An Overeview of the Complexites

To better understand and research SMA, it is more accurate to view it as occurring within a system that encompasses the individual, the immediate caregiver environment, the school, peers and other environmental factors. The authors utilize the Bronfenbrenner’s ecological systems theory, which is a framework for understanding human behavior within a complex system of relationships within and across multiple levels of the environment, from more proximal (e.g., immediate family, academic settings) to more distal (e.g., sociocultural values, laws, etc.). The theory proposes five interrelated systems that influence development:

  • (1) the microsystem which is the immediate environment with which an individual interacts,
  • (2) the mesosystem which focuses on interactions between different elements of the microsystem,
  • (3) the exosystem which involves the larger social system with which the individual does not directly interact but it still impacts their behavior,
  • (4) the macrosystem comprised of the broader societal and cultural context, and
  • (5) the chronosystem that is centered on the dimension of time including the timing of specific events and historical context.

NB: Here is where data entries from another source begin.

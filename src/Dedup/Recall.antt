-- ===== src/Dedup/Recall.antt =====
-- server/broker.cpp: `isDuplicate` over sequences of messages.
use wisp.Prelude.{
  ℕ, zero, suc, ◌+◌, ◌-◌, ◌≤◌, ◌<◌, ◌≡◌, ◌≢◌, ◌⊎◌, refl, true, false, Option, some, List, [], ◌∷◌,
  arith, length, Bytes,
}
use wisp.Dedup.{
  MessageId, Windows, id_eq, id_beq_iff, is_duplicate, max_history_size, ◌>>=◌, initial,
}
use wisp.Dedup.Set.{member}
use wisp.Dedup.Window.{
  Recent, Tracks, remembers, note, known_as, is_duplicate-Tracks, initial-Tracks,
}

-- The windows after a run of messages.
pub after : Windows → List Bytes → Option Windows
after w [] = some w
after w (uuid ∷ uuids) = do seen ← is_duplicate w uuid; after seen.0 uuids

unfoldable pub noted : Recent → List Bytes → Recent
noted r [] = r
noted r (uuid ∷ uuids) = noted (note r (known_as uuid)) uuids

pub after-Tracks :
    (w : Windows) (r : Recent) (uuids : List Bytes)
    → Tracks w r
    → (w' : Windows) × (after w uuids ≡ some w') × Tracks w' (noted r uuids)
unfolding after noted
after-Tracks w r [] t = (w, refl, t)
after-Tracks w r (uuid ∷ uuids) t =
    let (w₁, e, t₁) = is_duplicate-Tracks w r uuid t in
    let (w₂, e₂, t₂) = after-Tracks w₁ (note r (known_as uuid)) uuids t₁ in (w₂, rw e e₂, t₂)

-- The id outlasts `n` more messages.
Lasts : Recent → MessageId → ℕ → Type 0
Lasts r id n =
    (length r.current < max_history_size)
    × ((member id r.current ≡ true) × (n + length r.current < max_history_size + max_history_size)
        ⊎ (member id r.previous ≡ true) × (n + length r.current < max_history_size))

Lasts-note : (r : Recent) (id x : MessageId) (n : ℕ) → Lasts r id (suc n) → Lasts (note r x) id n
unfolding Lasts note member
Lasts-note r id x n h = ground arith

Lasts-accept :
    (r : Recent) (id : MessageId)
    → length r.current < max_history_size
    → remembers r id ≡ false
    → Lasts (note r id) id (max_history_size - 1)
unfolding Lasts note member
Lasts-accept r id h new = ground (arith, id_beq_iff id id)

Lasts-remembers : (r : Recent) (id : MessageId) (n : ℕ) → Lasts r id n → remembers r id ≡ true
unfolding Lasts remembers
Lasts-remembers r id n h = ground arith

Lasts-noted :
    (r : Recent) (id : MessageId) (uuids : List Bytes) (n : ℕ)
    → Lasts r id n
    → length uuids ≤ n
    → remembers (noted r uuids) id ≡ true
unfolding noted
Lasts-noted r id [] n h le = Lasts-remembers r id n h
Lasts-noted r id (uuid ∷ uuids) zero h le = absurd (omega arith)
Lasts-noted r id (uuid ∷ uuids) (suc n) h le =
    Lasts-noted (note r (known_as uuid)) id uuids n (Lasts-note r id (known_as uuid) n h)
      (omega arith)

-- A message that was accepted is recognised after any run of fewer than MaxHistorySize further
-- messages, however the windows rotate meanwhile.
pub is_duplicate_recall :
    (w w₁ : Windows) (r : Recent) (uuid : Bytes) (uuids : List Bytes)
    → Tracks w r
    → is_duplicate w uuid ≡ some (w₁, false)
    → length uuids < max_history_size
    → (w₂ w₃ : Windows) × (after w₁ uuids ≡ some w₂) × (is_duplicate w₂ uuid ≡ some (w₃, true))
is_duplicate_recall w w₁ r uuid uuids t fresh short =
    let (w', e, t') = is_duplicate-Tracks w r uuid t in
    let id = known_as uuid in
    let same : w' ≡ w₁ = ground (arith, e, fresh) in
    let new : remembers r id ≡ false = ground (arith, e, fresh) in
    let (w₂, e₂, t₂) = after-Tracks w' (note r id) uuids t' in
    let (w₃, e₃, t₃) = is_duplicate-Tracks w₂ (noted (note r id) uuids) uuid t₂ in
    let kept =
      Lasts-noted (note r id) id uuids (max_history_size - 1) (Lasts-accept r id t.short new)
        (omega arith) in
    (w₂, w₃, rw (← same) e₂, rw kept at e₃)

-- None of the ids is this one.
abbrev pub Unseen : MessageId → List Bytes → Type 0
Unseen id [] = Unit {0}
Unseen id (uuid ∷ uuids) = (known_as uuid ≢ id) × Unseen id uuids

note-Unseen :
    (r : Recent) (id x : MessageId)
    → x ≢ id
    → remembers r id ≡ false
    → remembers (note r x) id ≡ false
unfolding note remembers member
note-Unseen r id x other h = ground (arith, id_beq_iff id x)

noted-Unseen :
    (r : Recent) (id : MessageId) (uuids : List Bytes)
    → Unseen id uuids
    → remembers r id ≡ false
    → remembers (noted r uuids) id ≡ false
unfolding noted
noted-Unseen r id [] u h = h
noted-Unseen r id (uuid ∷ uuids) u h =
    noted-Unseen (note r (known_as uuid)) id uuids u.1 (note-Unseen r id (known_as uuid) u.0 h)

-- From the start of the broker, a message whose 128-bit id no earlier message had is not taken
-- for a duplicate, however many messages came before.
pub is_duplicate_fresh :
    (uuid : Bytes) (uuids : List Bytes)
    → Unseen (known_as uuid) uuids
    → (w w' : Windows) × (after initial uuids ≡ some w) × (is_duplicate w uuid ≡ some (w', false))
unfolding remembers member
is_duplicate_fresh uuid uuids u =
    let start : Recent = record { current = []; previous = [] } in
    let (w, e, t) = after-Tracks initial start uuids initial-Tracks in
    let (w', e', t') = is_duplicate-Tracks w (noted start uuids) uuid t in
    let new : remembers (noted start uuids) (known_as uuid) ≡ false =
      noted-Unseen start (known_as uuid) uuids u refl in
    (w, w', e, rw new at e')
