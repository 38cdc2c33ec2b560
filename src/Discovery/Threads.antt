-- ===== src/Discovery/Threads.antt =====
-- server/discovery.cpp: the discovery thread and the thread that changes the cluster, and the links that
-- their dial and drop calls leave open.
use wisp.Prelude.{ℕ, true, false, ◌&&◌, Bool, List, [], ◌∷◌, ◌++◌, Bytes, bytes_eq}
use wisp.Discovery.{Discovery, PeerCall, dial, drop, start, on_datagram, set_cluster, expire_stale}
use wisp.Discovery.Roster.{open_after}

-- A beacon is handled under the lock, with its dial call. A change of the cluster leaves its drop calls
-- to be made one by one. An expiry is one step: no beacon is handled before its drop calls are made,
-- and what the other thread does meanwhile concerns other peers.
pub data Event : Type 0 where
  hears : Bytes → Bytes → ℕ → Event
  joins : Bytes → Event
  drops_next : Event
  ticks : ℕ → Event

-- The roster, the open links, and the peers whose drop calls are still to be made.
pub record Threads : Type 0 where
  pub roster : Discovery
  pub links : Bytes → Bool
  pub owed : List Bytes

unfoldable pub to_drop : List PeerCall → List Bytes
to_drop [] = []
to_drop (dial uuid address ∷ calls) = to_drop calls
to_drop (drop uuid ∷ calls) = uuid ∷ to_drop calls

-- The calls are made at once.
abbrev pub made : Threads → Discovery × List PeerCall → Threads
made t r = record t { roster = r.0; links = open_after t.links r.1 }

unfoldable pub drop_first : List Bytes → Threads → Threads
unfolding open_after
drop_first [] t = t
drop_first (uuid ∷ owed) t = record t { links = open_after t.links (drop uuid ∷ []); owed = owed }

unfoldable pub step : Threads → Event → Threads
unfolding to_drop drop_first open_after
step t (hears sender_ip data' now) = made t (on_datagram t.roster sender_ip data' now)
step t (joins cluster) = record t {
  roster = (set_cluster t.roster cluster).0;
  owed = t.owed ++ to_drop (set_cluster t.roster cluster).1;
}
step t drops_next = drop_first t.owed t
step t (ticks now) = made t (expire_stale t.roster now)

unfoldable pub run : Threads → List Event → Threads
unfolding step
run t [] = t
run t (e ∷ events) = run (step t e) events

abbrev pub none_owed : List Bytes → Bool
none_owed [] = true
none_owed (uuid ∷ owed) = false

abbrev pub is_undisturbed : List Bytes → Event → Bool
is_undisturbed owed (hears sender_ip data' now) = none_owed owed
is_undisturbed owed _ = true

-- No beacon is handled before the drop calls of a change of the cluster are made.
unfoldable pub undisturbed : Threads → List Event → Bool
unfolding step
undisturbed t [] = true
undisturbed t (e ∷ events) =
    let rest = undisturbed (step t e) events in is_undisturbed t.owed e && rest

abbrev pub idle : Bytes → Bytes → ℕ → ℕ → Threads
idle cluster self_uuid router_port tap_port = record {
  roster = start cluster self_uuid router_port tap_port;
  links = λ u. false;
  owed = [];
}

Figure 1 shows the Bronfenbrenner model conceptual overview of screen media activity and mental health.

Figure 1

Both clinicians and researchers could benefit from reading this article. It provides an excellent birdseye view of the multifaceted interrelationships that can be an important part of screen media activity in youth today and applicable to society in general in today’s tech-obsessed world.

Citation:

Paulus MP, Zhao Y, Potenza MN, Aupperle RL, Bagot KS, Tapert SF. Screen media activity in youth: A critical review of mental health and neuroscience findings. J Mood Anxiety Disord. 2023 Oct;3:100018. doi: 10.1016/j.xjmad.2023.100018. Epub 2023 Aug 11. PMID: 37927536; PMCID: PMC10624397.